(Collected data)
[Start of section]
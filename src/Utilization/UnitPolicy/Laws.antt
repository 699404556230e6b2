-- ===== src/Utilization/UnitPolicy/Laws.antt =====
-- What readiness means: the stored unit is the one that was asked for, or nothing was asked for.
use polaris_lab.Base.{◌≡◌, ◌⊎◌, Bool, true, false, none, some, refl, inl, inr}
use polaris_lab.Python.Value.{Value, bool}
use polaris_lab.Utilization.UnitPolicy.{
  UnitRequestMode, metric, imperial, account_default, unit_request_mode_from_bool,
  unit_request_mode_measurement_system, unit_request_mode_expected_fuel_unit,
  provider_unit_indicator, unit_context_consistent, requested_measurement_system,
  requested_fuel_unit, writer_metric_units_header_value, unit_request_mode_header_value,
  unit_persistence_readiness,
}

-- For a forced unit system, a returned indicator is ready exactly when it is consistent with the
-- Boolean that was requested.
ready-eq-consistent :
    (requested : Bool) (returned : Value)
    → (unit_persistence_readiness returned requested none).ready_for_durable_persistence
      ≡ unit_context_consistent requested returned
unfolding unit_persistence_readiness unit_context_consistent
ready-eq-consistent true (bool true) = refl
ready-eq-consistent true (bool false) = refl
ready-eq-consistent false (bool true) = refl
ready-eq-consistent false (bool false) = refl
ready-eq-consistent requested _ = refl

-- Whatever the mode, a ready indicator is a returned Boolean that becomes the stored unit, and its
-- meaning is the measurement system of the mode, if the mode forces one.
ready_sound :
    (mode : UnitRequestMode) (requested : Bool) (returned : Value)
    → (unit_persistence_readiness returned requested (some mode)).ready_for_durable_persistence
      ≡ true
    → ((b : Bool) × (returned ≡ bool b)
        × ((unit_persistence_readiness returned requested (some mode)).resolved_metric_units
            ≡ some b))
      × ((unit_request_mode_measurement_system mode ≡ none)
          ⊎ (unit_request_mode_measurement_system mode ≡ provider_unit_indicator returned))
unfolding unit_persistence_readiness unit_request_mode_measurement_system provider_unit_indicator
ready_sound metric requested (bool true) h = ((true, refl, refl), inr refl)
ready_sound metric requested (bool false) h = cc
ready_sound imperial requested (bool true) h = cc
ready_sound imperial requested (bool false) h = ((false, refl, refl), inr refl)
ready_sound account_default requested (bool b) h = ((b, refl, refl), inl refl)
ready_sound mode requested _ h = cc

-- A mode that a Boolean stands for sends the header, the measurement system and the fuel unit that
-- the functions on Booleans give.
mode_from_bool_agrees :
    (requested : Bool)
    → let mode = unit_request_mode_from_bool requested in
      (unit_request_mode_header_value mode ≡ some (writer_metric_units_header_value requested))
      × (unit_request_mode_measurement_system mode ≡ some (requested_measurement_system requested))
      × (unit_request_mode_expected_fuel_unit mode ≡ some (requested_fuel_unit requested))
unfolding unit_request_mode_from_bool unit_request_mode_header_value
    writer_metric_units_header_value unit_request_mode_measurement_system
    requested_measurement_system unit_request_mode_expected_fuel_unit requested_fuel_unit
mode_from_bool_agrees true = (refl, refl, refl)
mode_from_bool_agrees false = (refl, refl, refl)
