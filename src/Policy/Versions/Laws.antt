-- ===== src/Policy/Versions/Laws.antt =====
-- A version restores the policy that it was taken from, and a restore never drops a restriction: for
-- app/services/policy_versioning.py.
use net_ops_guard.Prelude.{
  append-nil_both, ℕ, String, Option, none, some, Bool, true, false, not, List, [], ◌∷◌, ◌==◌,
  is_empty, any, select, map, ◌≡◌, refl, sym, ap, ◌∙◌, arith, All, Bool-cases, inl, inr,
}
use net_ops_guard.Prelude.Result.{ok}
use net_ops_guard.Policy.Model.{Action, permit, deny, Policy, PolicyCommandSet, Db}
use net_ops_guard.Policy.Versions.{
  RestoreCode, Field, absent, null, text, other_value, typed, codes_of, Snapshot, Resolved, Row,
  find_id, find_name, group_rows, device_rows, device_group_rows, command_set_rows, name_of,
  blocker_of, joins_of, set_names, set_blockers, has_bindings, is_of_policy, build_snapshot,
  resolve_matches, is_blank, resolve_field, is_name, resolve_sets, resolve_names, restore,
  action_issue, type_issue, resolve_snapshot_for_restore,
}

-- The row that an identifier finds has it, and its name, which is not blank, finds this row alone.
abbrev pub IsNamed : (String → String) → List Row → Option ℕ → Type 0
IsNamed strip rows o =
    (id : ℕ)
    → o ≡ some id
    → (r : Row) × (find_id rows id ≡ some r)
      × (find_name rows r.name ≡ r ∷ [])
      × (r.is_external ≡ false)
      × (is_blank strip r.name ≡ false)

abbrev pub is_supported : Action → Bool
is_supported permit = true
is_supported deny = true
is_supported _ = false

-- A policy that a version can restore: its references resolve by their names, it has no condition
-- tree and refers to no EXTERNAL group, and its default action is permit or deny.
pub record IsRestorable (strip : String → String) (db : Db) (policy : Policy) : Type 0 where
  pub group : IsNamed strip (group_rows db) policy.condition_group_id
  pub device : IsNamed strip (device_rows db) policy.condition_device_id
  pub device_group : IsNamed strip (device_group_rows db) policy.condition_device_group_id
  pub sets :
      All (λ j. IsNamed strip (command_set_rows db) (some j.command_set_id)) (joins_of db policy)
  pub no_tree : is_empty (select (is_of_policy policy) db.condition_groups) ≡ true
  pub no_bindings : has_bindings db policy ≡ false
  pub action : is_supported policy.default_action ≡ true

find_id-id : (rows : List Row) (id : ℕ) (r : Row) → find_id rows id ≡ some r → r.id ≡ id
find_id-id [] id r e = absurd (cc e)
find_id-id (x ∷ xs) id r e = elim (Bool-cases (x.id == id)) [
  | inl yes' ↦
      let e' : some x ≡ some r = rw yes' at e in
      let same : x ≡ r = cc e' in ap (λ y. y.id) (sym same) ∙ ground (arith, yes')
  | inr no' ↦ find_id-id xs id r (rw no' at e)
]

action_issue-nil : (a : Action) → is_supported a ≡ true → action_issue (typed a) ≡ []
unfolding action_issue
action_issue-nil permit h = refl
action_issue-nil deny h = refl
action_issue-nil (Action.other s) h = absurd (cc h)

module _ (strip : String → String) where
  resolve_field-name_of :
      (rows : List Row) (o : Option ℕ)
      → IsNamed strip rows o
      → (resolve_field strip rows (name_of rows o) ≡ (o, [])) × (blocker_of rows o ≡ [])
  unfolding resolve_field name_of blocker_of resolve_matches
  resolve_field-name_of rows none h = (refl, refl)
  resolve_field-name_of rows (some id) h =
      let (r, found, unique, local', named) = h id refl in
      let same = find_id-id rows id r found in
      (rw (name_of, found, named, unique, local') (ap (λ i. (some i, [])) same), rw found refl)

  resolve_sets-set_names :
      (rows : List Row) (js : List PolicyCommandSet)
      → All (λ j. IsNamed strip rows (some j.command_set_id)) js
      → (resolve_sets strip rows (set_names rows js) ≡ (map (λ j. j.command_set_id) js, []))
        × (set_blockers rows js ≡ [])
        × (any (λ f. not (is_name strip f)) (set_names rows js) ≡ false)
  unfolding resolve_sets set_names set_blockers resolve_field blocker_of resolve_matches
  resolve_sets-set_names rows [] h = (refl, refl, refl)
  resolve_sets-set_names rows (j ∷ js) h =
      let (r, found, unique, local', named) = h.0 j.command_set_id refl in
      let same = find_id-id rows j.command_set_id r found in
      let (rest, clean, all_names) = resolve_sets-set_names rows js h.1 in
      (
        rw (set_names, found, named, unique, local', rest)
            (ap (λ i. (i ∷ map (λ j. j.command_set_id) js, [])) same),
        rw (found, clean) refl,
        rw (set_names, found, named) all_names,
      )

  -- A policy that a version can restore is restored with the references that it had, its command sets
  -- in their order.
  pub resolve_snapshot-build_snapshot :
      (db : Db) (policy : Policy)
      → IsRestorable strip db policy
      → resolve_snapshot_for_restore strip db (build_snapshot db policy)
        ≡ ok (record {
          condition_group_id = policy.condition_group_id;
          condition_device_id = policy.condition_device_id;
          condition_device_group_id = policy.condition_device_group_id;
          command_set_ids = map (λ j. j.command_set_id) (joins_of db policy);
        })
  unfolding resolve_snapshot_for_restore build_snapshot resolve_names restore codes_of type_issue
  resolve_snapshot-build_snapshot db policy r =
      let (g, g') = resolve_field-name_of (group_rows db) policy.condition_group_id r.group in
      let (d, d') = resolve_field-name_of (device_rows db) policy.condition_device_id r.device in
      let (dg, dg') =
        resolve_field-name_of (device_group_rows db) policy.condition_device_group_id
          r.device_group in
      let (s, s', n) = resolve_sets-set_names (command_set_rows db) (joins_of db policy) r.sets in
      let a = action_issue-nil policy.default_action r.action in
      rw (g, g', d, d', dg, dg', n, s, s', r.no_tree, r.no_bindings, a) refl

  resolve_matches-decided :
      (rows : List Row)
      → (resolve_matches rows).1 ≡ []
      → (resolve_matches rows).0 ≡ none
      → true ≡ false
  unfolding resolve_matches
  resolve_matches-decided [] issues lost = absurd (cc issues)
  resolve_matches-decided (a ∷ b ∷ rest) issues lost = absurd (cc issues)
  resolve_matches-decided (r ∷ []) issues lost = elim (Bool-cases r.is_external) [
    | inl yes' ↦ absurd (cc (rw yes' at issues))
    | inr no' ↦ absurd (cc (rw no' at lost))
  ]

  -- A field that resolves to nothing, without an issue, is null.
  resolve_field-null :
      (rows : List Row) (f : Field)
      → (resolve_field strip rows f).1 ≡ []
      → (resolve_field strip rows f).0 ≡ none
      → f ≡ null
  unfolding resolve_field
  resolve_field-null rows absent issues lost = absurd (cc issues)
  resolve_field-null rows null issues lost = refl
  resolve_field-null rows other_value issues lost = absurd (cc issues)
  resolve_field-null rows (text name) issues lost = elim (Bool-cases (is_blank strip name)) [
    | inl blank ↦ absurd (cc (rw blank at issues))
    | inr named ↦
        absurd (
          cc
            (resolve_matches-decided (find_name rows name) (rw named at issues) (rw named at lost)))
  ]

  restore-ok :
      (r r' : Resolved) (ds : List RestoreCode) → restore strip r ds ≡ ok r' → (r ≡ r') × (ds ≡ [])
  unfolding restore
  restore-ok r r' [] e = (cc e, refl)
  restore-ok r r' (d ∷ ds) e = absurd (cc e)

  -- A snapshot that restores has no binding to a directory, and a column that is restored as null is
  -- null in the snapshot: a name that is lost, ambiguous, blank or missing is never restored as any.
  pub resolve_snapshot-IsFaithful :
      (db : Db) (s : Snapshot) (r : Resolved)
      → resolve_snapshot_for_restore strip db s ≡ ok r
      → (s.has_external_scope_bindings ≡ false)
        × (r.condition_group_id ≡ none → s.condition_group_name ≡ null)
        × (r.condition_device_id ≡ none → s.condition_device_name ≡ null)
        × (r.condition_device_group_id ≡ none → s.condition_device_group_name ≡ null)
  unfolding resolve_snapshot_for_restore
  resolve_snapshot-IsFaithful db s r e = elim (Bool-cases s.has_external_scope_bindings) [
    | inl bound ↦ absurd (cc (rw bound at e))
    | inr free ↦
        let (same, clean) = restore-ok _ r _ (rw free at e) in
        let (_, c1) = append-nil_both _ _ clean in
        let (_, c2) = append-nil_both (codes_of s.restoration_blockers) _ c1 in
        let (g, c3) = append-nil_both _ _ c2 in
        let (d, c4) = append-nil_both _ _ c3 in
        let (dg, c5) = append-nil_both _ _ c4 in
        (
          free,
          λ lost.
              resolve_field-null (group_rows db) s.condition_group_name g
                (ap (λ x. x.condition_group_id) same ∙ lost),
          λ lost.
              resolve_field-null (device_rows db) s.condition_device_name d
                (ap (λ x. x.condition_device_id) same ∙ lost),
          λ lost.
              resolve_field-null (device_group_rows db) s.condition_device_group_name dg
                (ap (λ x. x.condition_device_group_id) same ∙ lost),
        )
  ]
[End of section]
### PROBLEM DETAILS
Please find every line in the records above that holds the word "List" and copy it.

### ANSWER
  append-nil_both, ℕ, String, Option, none, some, Bool, true, false, not, List, [], ◌∷◌, ◌==◌,
abbrev pub IsNamed : (String → String) → List Row → Option ℕ → Type 0
find_id-id : (rows : List Row) (id : ℕ) (r : Row) → find_id rows id ≡ some r → r.id ≡ id
      (rows : List Row) (o : Option ℕ)
      (rows : List Row) (js : List PolicyCommandSet)
      (rows : List Row)
      (rows : List Row) (f : Field)
      (r r' : Resolved) (ds : List RestoreCode) → restore strip r ds ≡ ok r' → (r ≡ r') × (ds ≡ [])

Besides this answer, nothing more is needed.